This was a part of my assignment for LLM foundations and ethics class in Columbia University(Spring 2024).
We were assigned to read paper called “From Pretraining Data to Language Models to Downstream Tasks: Tracking the Trails of Political Biases Leading to Unfair NLP models”. This paper is impactful in that it goes through the entire pipeline of pretraining data, LMs, and downstream tasks while previous papers focused on one part rather than the whole. Another notable point is that they measured the political bias using widely used standard test.
This paper was cited 54 times since it got published (from litmap).
Previous works branching out of this paper can be categorized into two. First category is paper like On Second Thought, Let's Not Think Step by Step! Bias and Toxicity in Zero-Shot Reasoning (Shaikh, 2022) and Community LM: Probing Partisan Worldviews from Language Models (Jiang, 2022). These paper test and prove that LMs can have social/political biases. Second category is paper like Upstream Mitigation Is Not All You Need: Testing the Bias Transfer Hypothesis in Pre-Trained Language Models (Steed, 2022) where they stress the importance of pretrained data and that it must be modified and probed to minimize hate speech/ misinformation problem of LMs.
For subsequent paper, I looked into a paper titled Don’t Hallucinate, Abstain: Identifying LLM Knowledge Gaps via Multi-LLM Collaboration (Feng, 2024) which was written by the same author.
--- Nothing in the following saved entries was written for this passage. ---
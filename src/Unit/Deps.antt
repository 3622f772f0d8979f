-- ===== src/Unit/Deps.antt =====
-- core/bin/unit/datastore/deps.rs: the dependencies between units, in both directions, and their copy
-- in the database. A unit stands for itself by its id; `none` is a panic.
pub mod Lookup
pub mod Mirror
pub mod Changed
pub mod Removed
use sysmaster.Base.{
  ℕ, Bool, true, false, ◌||◌, List, [], ◌∷◌, ◌++◌, map, Option, none, some, HashMap, get, insert,
  remove, contains_key, keys, ◌==◌, string_eq, String, assert, ◌>>=◌, ◌>>◌, if◌then◌else◌,
}
use sysmaster.Unit.Relation.Names.{UnitRelations, relation_eq, unit_references}
use sysmaster.Unit.Relation.AtomNames.{UnitRelationAtom}
use sysmaster.Unit.Relation.Inverse.{unit_relation_to_inverse}
use sysmaster.Unit.Relation.FromAtom.{unit_relation_from_unique_atom}

abbrev pub UnitId : Type 0
UnitId = String

pub record UnitDepMask : Type 0 where
  pub source : ℕ
  pub dest : ℕ

abbrev pub Dests : Type 0
Dests = HashMap UnitId UnitDepMask

abbrev pub Relations : Type 0
Relations = HashMap UnitRelations Dests

abbrev pub DepTable : Type 0
DepTable = HashMap UnitId Relations

abbrev pub or_new {ℓ κ} : {A : Type ℓ} {B : Type κ} → Option (HashMap A B) → HashMap A B
or_new none = []
or_new (some m) = m

-- `get_mut_sv_pad` and `get_mut_dv_pad`: an entry that is missing is made.
unfoldable pub get_sv_pad : DepTable → UnitId → Relations
get_sv_pad t source = or_new (get t source)

unfoldable pub get_dv_pad : DepTable → UnitId → UnitRelations → Dests
unfolding get_sv_pad
get_dv_pad t source relation = or_new (get (get_sv_pad t source) relation)

unfoldable pub insert_one_way : DepTable → UnitId → UnitRelations → UnitId → UnitDepMask → DepTable
unfolding get_sv_pad get_dv_pad
insert_one_way t source relation dest mask =
    insert t source
      (insert (get_sv_pad t source) relation (insert (get_dv_pad t source relation) dest mask))

abbrev pub is_empty_map {ℓ κ} : {A : Type ℓ} {B : Type κ} → HashMap A B → Bool
is_empty_map [] = true
is_empty_map (x ∷ xs) = false

-- The three levels, from the bottom up.
abbrev pub shrink_sv : DepTable → UnitId → Relations → DepTable
shrink_sv t source sv = if is_empty_map sv then remove t source else insert t source sv

abbrev pub shrink_dv : DepTable → UnitId → Relations → UnitRelations → Dests → DepTable
shrink_dv t source sv relation map =
    shrink_sv t source (if is_empty_map map then remove sv relation else insert sv relation map)

abbrev pub remove_dv :
    DepTable → UnitId → Relations → UnitRelations → UnitId → Option Dests → DepTable
remove_dv t source sv relation dest none = t
remove_dv t source sv relation dest (some map) = shrink_dv t source sv relation (remove map dest)

abbrev pub remove_sv : DepTable → UnitId → UnitRelations → UnitId → Option Relations → DepTable
remove_sv t source relation dest none = t
remove_sv t source relation dest (some sv) = remove_dv t source sv relation dest (get sv relation)

unfoldable pub remove_one_way : DepTable → UnitId → UnitRelations → UnitId → DepTable
remove_one_way t source relation dest = remove_sv t source relation dest (get t source)

-- `UnitDepData`, with the tables of `UnitRe` that it reads and writes: the ids that have a base
-- entry, and the dependencies of each id.
pub record DepData : Type 0 where
  pub t : DepTable
  pub base : UnitId → Bool
  pub dep : HashMap UnitId (List (UnitRelations × UnitId))

with_relation : UnitRelations → List UnitId → List (UnitRelations × UnitId)
with_relation r [] = []
with_relation r (d ∷ ds) = (r, d) ∷ with_relation r ds

unfoldable pub flatten : Relations → List (UnitRelations × UnitId)
unfolding with_relation
flatten [] = []
flatten ((relation, dv) ∷ sv) = with_relation relation (keys dv) ++ flatten sv

unfoldable pub db_update : DepData → UnitId → Option DepData
unfolding flatten
db_update d unit = do
  assert (d.base unit)
  some (record d { dep = insert d.dep unit (flatten (or_new (get d.t unit))) })

-- Both directions of one dependency, as `insert` enters them.
unfoldable pub insert_both : DepTable → UnitId → UnitRelations → UnitId → ℕ → DepTable
unfolding insert_one_way
insert_both t source relation dest source_mask =
    let mask : UnitDepMask = record { source = source_mask; dest = 0 } in
    let mask_inverse : UnitDepMask = record { source = 0; dest = source_mask } in
    insert_one_way (insert_one_way t source relation dest mask) dest
      (unit_relation_to_inverse relation) source mask_inverse

unfoldable pub insert_dep : DepData → UnitId → UnitRelations → UnitId → Bool → ℕ → Option DepData
unfolding insert_both db_update
insert_dep d source relation dest reference source_mask = if source == dest then some d else do
  let t1 = insert_both d.t source relation dest source_mask
  let t2 = if reference then insert_both t1 source unit_references dest source_mask else t1
  d' ← db_update (record d { t = t2 }) source
  db_update d' dest

unfoldable pub remove_both : DepTable → UnitId → UnitRelations → UnitId → DepTable
unfolding remove_one_way
remove_both t source relation dest =
    remove_one_way (remove_one_way t source relation dest) dest (unit_relation_to_inverse relation)
      source

unfoldable pub remove_dep : DepData → UnitId → UnitRelations → UnitId → Option DepData
unfolding remove_both db_update
remove_dep d source relation dest = do
  d' ← db_update (record d { t = remove_both d.t source relation dest }) source
  db_update d' dest

unfoldable pub remove_all : DepData → UnitId → List (UnitRelations × UnitId) → Option DepData
remove_all d source [] = some d
remove_all d source ((relation, dest) ∷ removes) = do
  d' ← remove_dep d source relation dest
  remove_all d' source removes

abbrev remove_unit_with : DepData → UnitId → Option Relations → Option DepData
unfolding flatten remove_all
remove_unit_with d source none = some d
remove_unit_with d source (some sv) = remove_all d source (flatten sv)

unfoldable pub remove_unit : DepData → UnitId → Option DepData
unfolding remove_unit_with
remove_unit d source = remove_unit_with d source (get d.t source)

unfoldable pub gets : DepTable → UnitId → UnitRelations → List UnitId
gets t source relation = keys (or_new (get (or_new (get t source)) relation))

unfoldable pub is_dep_with : DepTable → UnitId → UnitRelations → UnitId → Bool
is_dep_with t source relation dest =
    contains_key (or_new (get (or_new (get t source)) relation)) dest

abbrev gets_all : DepTable → UnitId → List UnitRelations → List UnitId
unfolding gets
gets_all t source [] = []
gets_all t source (r ∷ rs) = gets t source r ++ gets_all t source rs

unfoldable pub gets_atom : DepTable → UnitId → UnitRelationAtom → List UnitId
unfolding gets_all unit_relation_from_unique_atom
gets_atom t source atom = gets_all t source (unit_relation_from_unique_atom atom)

abbrev is_dep_with_any : DepTable → UnitId → List UnitRelations → UnitId → Bool
unfolding is_dep_with
is_dep_with_any t source [] dest = false
is_dep_with_any t source (r ∷ rs) dest =
    is_dep_with t source r dest || is_dep_with_any t source rs dest

unfoldable pub is_dep_atom_with : DepTable → UnitId → UnitRelationAtom → UnitId → Bool
unfolding is_dep_with_any
is_dep_atom_with t source atom dest =
    is_dep_with_any t source (unit_relation_from_unique_atom atom) dest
I thought this paper was interesting in that they use the solution that was introduced at the end of the paper to mitigate the bias problem in LM.
At the end of this paper, it proposed two solutions to mitigate the problem which are
- Use a combination of pretrained LMs with different political leaning
- Utilizing the fact that LMs are more sensitive to hate speech/ misinformation that differs their own, use a scenario specific LM
- Cooperate
- Uses two LLMs; one that outputs an answer and another that judges if the answer should be abstained or not.
- Self mode (same LM), Others mode (different LM)
- Compete
- Uses multiple LLMs; one that outputs an answer and others to compare answers and see if it matches.
- If majority of them don’t match, abstained.
So far, I think there’s no way of LLM to be better than human being. All human beings have biases and all LMs do too.